Developer experience
Rust, though not extremely dissimilar to other modern languages like Swift or Kotlin, definitely has a learning curve. The borrow checker, lifetimes, and the ownership system are all quite unique. But the good news is that there are plenty of resources available to help you learn Rust. And once you get the hang of it, you will find yourself being empowered by a world of well-maintained libraries and tools.
In practice, integrating Rust into a native mobile project is also not too bad with UniFFI. But I do want to draw your attention to binary size again. To integrate Rust in your existing mobile project, it will almost certainly significantly increase the total binary size. This overhead might not be easy to overlook.

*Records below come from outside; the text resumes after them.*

-- ===== src/Syntax/Lexer/Total/Numbers.antt =====
-- For `number` of crates/wsharp-syntax/src/lexer.rs.
use wsharp.Prelude.{
  ℕ, ◌+◌, ◌-◌, ◌^◌, ◌≤◌, ◌<◌, ◌≡◌, ◌⊎◌, ◌∙◌, ap, refl, Bool, true, false, ◌||◌, inl, inr, Option,
  none, some, List, [], ◌∷◌, arith, ◌==◌, ltb, leb, length, take, drop, Bool-cases, Option-cases,
}
use wsharp.Syntax.Token.{TokenKind, span_new}
use wsharp.Syntax.Lexer.State.{
  Lexer, bad_digit, no_digits, invalid_float, out_of_range, advance, is_digit,
}
use wsharp.Syntax.Lexer.Number.{
  radix_of, digit_value, Scanned, get_or_insert, digit_step, digit_loop, without_underscores,
  value_from, literal, number_kind, number_token, number,
}
use wsharp.Syntax.Lexer.Place.{
  Fits, Fits-advance, Fits-byte, Fits-report, is_text_from, slice_total,
}
use wsharp.Syntax.Lexer.Total.Kinds.{IsPlain, Reads, spanned}

abbrev BadBefore : ℕ → Option (ℕ × ℕ) → Type 0
BadBefore n none = Unit
BadBefore n (some (at, b)) = at < n

insert-BadBefore :
    (n b : ℕ) (o : Option (ℕ × ℕ)) → BadBefore n o → BadBefore (n + 1) (get_or_insert (n, b) o)
insert-BadBefore n b none h = omega arith
insert-BadBefore n b (some (at, c)) h = omega (arith, h)

later-BadBefore : (n : ℕ) (o : Option (ℕ × ℕ)) → BadBefore n o → BadBefore (n + 1) o
later-BadBefore n none h = tt
later-BadBefore n (some (at, c)) h = omega (arith, h)

digit_step_lem :
    (radix : ℕ) (s t : Scanned) (pos b : ℕ) (bs : List ℕ)
    → radix ≤ 16
    → digit_step radix s pos b bs ≡ some t
    → (b < 0x80) × (BadBefore pos s.bad → BadBefore (pos + 1) t.bad)
unfolding digit_step
digit_step_lem radix s t pos b bs small e = (
  ground arith,
  λ h.
      let kept = later-BadBefore pos s.bad h in
      let told = insert-BadBefore pos b s.bad h in ground arith,
)

digit_loop-Fits :
    (src : List ℕ) (radix : ℕ) (bs : List ℕ) (l : Lexer) (s : Scanned)
    → radix ≤ 16
    → l.rest ≡ bs
    → Fits src 0 l
    → BadBefore l.pos s.bad
    → let (m, t) = digit_loop radix l bs s in Fits src 0 m × (l.pos ≤ m.pos) × BadBefore m.pos t.bad
unfolding digit_loop
digit_loop-Fits src radix [] l s small e f h = (f, omega arith, h)
digit_loop-Fits src radix (b ∷ bs) l s small e f h =
    elim (Option-cases (digit_step radix s l.pos b bs)) [
      | inl stop ↦ rw stop (f, omega arith, h)
      | inr (t, go) ↦
          let (ascii, kept) = digit_step_lem radix s t l.pos b bs small go in
          let shape : is_text_from 0 (b ∷ bs) ≡ true = rw e at f.shape in
          let next = Fits-byte src 0 0 l b bs f e (ground arith) in
          let (g, n, k) = digit_loop-Fits src radix bs _ t small refl next (kept h) in
          rw go (g, omega (arith, n), k)
    ]

-- A prefix is two bytes of ASCII.
radix_of-cases :
    (b : ℕ) (bs : List ℕ)
    → (radix_of (b ∷ bs) ≡ (10, 0))
      ⊎ ((r c : ℕ) × (cs : List ℕ) × (radix_of (b ∷ bs) ≡ (r, 2))
          × (r ≤ 16)
          × (bs ≡ c ∷ cs)
          × (b < 0x80)
          × (c < 0x80))
radix_of-cases b [] = inl (ground arith)
radix_of-cases b (c ∷ cs) = elim (Bool-cases (b == b'0')) [
  | inr other ↦ inl (rw other refl)
  | inl is_zero ↦ elim (Bool-cases (c == b'x' || c == b'X')) [
    | inl hex ↦
        inr (16, c, cs, rw (is_zero, hex) refl, omega arith, refl, ground arith, ground arith)
    | inr not_hex ↦ elim (Bool-cases (c == b'b' || c == b'B')) [
      | inl bin ↦
          inr (
            2,
            c,
            cs,
            rw (is_zero, not_hex, bin) refl,
            omega arith,
            refl,
            ground arith,
            ground arith,
          )
      | inr not_bin ↦ elim (Bool-cases (c == b'o' || c == b'O')) [
        | inl oct ↦ inr (
          8,
          c,
          cs,
          rw (is_zero, not_hex, not_bin, oct) refl,
          omega arith,
          refl,
          ground arith,
          ground arith,
        )
        | inr no_prefix ↦ inl (rw (is_zero, not_hex, not_bin, no_prefix) refl)
      ]
    ]
  ]
]

-- A digit is read in radix 10.
digit_loop_moves :
    (b : ℕ) (bs : List ℕ) (l : Lexer) (s : Scanned)
    → is_digit b ≡ true
    → digit_loop 10 l (b ∷ bs) s ≡ digit_loop 10 (record l { pos = l.pos + 1; rest = bs }) bs s
unfolding digit_loop digit_step
digit_loop_moves b bs l s d =
    let one : (b == b'_') ≡ false = ground arith in
    let two : (b == b'.') ≡ false = ground arith in
    let three : ltb (digit_value b) 10 ≡ true = ground arith in rw (one, two, three) refl

abbrev unread : Scanned
unread = record { is_float = false; bad = none }

module _ (F : Type 0) (parse_f64 : List ℕ → Option F) (float_zero : F) (src : List ℕ)
    (small : length src < 2 ^ 32) where
  -- A kind and the state with at most a diagnostic more.
  abbrev Reports : Lexer → TokenKind F × Lexer → Type 0
  Reports l (k, m) = Fits src 0 m × (m.pos ≡ l.pos) × IsPlain k

  literal_lem :
      (radix start : ℕ) (l : Lexer) (is_float : Bool) (text : List ℕ)
      → Fits src 0 l
      → start < l.pos
      → Reports l (literal parse_f64 float_zero radix (span_new start l.pos) l is_float text)
  literal_lem radix start l is_float [] f h = (
    Fits-report src 0 start l.pos no_digits l small f h (omega (arith, f.size)),
    refl,
    (refl, omega arith),
  )
  literal_lem radix start l true (b ∷ bs) f h = elim (Option-cases (parse_f64 (b ∷ bs))) [
    | inl bad ↦
        let g = Fits-report src 0 start l.pos invalid_float l small f h (omega (arith, f.size)) in
        rw bad (g, refl, (refl, tt))
    | inr (v, good) ↦ rw good (f, refl, (refl, tt))
  ]
  literal_lem radix start l false (b ∷ bs) f h =
      elim (Bool-cases (leb (value_from radix 0 (b ∷ bs)) (2 ^ 64 - 1))) [
        | inl fits ↦ rw fits (f, refl, (refl, ground arith))
        | inr out ↦
            let g =
              Fits-report src 0 start l.pos out_of_range l small f h (omega (arith, f.size)) in
            rw out (g, refl, (refl, omega arith))
      ]

  number_kind_lem :
      (radix start : ℕ) (l : Lexer) (s : Scanned) (bad : Option (ℕ × ℕ)) (text : List ℕ)
      → Fits src 0 l
      → start < l.pos
      → BadBefore l.pos bad
      → Reports l (number_kind parse_f64 float_zero radix (span_new start l.pos) l s bad text)
  number_kind_lem radix start l s none text f h k =
      literal_lem radix start l s.is_float (without_underscores text) f h
  number_kind_lem radix start l s (some (at, b)) text f h k = (
    Fits-report src 0 at (at + 1) (bad_digit b radix) l small f (omega arith)
        (omega (arith, f.size, k)),
    refl,
    (refl, omega arith),
  )

  number_token_total :
      (radix : ℕ) (from digits_from l : Lexer) (s : Scanned)
      → Fits src 0 digits_from
      → Fits src 0 l
      → from.pos < l.pos
      → BadBefore l.pos s.bad
      → Reads src from (number_token parse_f64 float_zero radix from digits_from (l, s))
  number_token_total radix from digits_from l s fd f h k =
      let text = take (l.pos - digits_from.pos) digits_from.rest in
      let result =
        number_kind parse_f64 float_zero radix (span_new from.pos l.pos) l s s.bad text in
      let (g, same, p) = number_kind_lem radix from.pos l s s.bad text f h k in
      spanned src from result.1 result.0 _ small
        (rw (slice_total src digits_from l fd f, same) refl) g p (omega (arith, same, h))

  number_from :
      (l : Lexer) (radix prefix : ℕ)
      → radix_of l.rest ≡ (radix, prefix)
      → number parse_f64 float_zero l
        ≡ number_token parse_f64 float_zero radix l
            (advance prefix l)
            (digit_loop radix (advance prefix l) (drop prefix l.rest) unread)
  unfolding number
  number_from l radix prefix e = rw e refl

  pub number_total :
      (l : Lexer) (b : ℕ) (bs : List ℕ)
      → Fits src 0 l
      → l.rest ≡ b ∷ bs
      → is_digit b ≡ true
      → Reads src l (number parse_f64 float_zero l)
  number_total l b bs f e d = elim (radix_of-cases b bs) [
    | inl decimal ↦
        let start = advance 0 l in
        let g = Fits-advance src 0 0 0 l f (omega arith) f.shape in
        let here : start.rest ≡ b ∷ bs = e in
        let s : is_text_from 0 (b ∷ bs) ≡ true = rw e at f.shape in
        let next = Fits-byte src 0 0 start b bs g here (ground arith) in
        let (h, n, k) = digit_loop-Fits src 10 bs _ unread (omega arith) refl next tt in
        let loop = digit_loop 10 (record start { pos = start.pos + 1; rest = bs }) bs unread in
        let moved : digit_loop 10 start l.rest unread ≡ loop =
          ap (λ xs. digit_loop 10 start xs unread) e ∙ digit_loop_moves b bs start unread d in
        let r = number_token_total 10 l start loop.0 loop.1 g h (omega (arith, n)) k in
        rw (number_from l 10 0 (rw e decimal), moved) r
    | inr (r, c, cs, prefix, small_radix, same, one, two) ↦
        let start = advance 2 l in
        let s : is_text_from 0 (b ∷ c ∷ cs) ≡ true = rw (e, same) at f.shape in
        let g =
          Fits-advance src 0 0 2 l f (rw (e, same) (omega arith)) (rw (e, same) (ground arith)) in
        let (h, n, k) = digit_loop-Fits src r start.rest start unread small_radix refl g tt in
        let loop = digit_loop r start start.rest unread in
        let t = number_token_total r l start loop.0 loop.1 g h (omega (arith, n)) k in
        rw (number_from l r 2 (rw e prefix)) t
  ]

Feature support turnaround time
One thing to worry about is that to write code against a third-party technology instead of directly against the native platforms, whenever a new feature is introduced in the native platform, you are basically at the mercy of the maintainers of the bridge library, or you will have to get ready to write the bridge code (possibly under a tight deadline) yourself. In the case of Rust, since we are ultimately interfacing with C interfaces, the platform-agnostic part of the code should be pretty stable across updates. But there will definitely be cases where UniFFI will need to be updated to support new features. Here are some cases:
-
The good:
@Sendablesupport is required by Swift 6, which is planned to be released in September 2024. The related pull request was created on 2024/03/23 and was merged on 2024/03/26. Not only was the PR merged before the release date (even before WWDC 2024), it was reviewed and approved in less than three days! -
The bad: Swift Concurrency support. Announced on 2021/09/20 with Swift 5.5, Swift Concurrency wasn't supported by UniFFI until the year 2023. What's more, the PR was actually created on 2022/11/23, and was finally merged after more than three months on 2023/02/28.
Conclusion
"Write once, run anywhere" was a 1995 slogan created by Sun Microsystems to illustrate the cross-platform benefits of the Java language. Though there is still no end in sight, the pursuit continues. But if we carefully choose the part of the code that can be shared cross-platform—for example, the business logic that has little to do with the platform-specific features, we might just achieve part of that dream here and now. And Rust, with all its good and bad, might just be the right tool for it.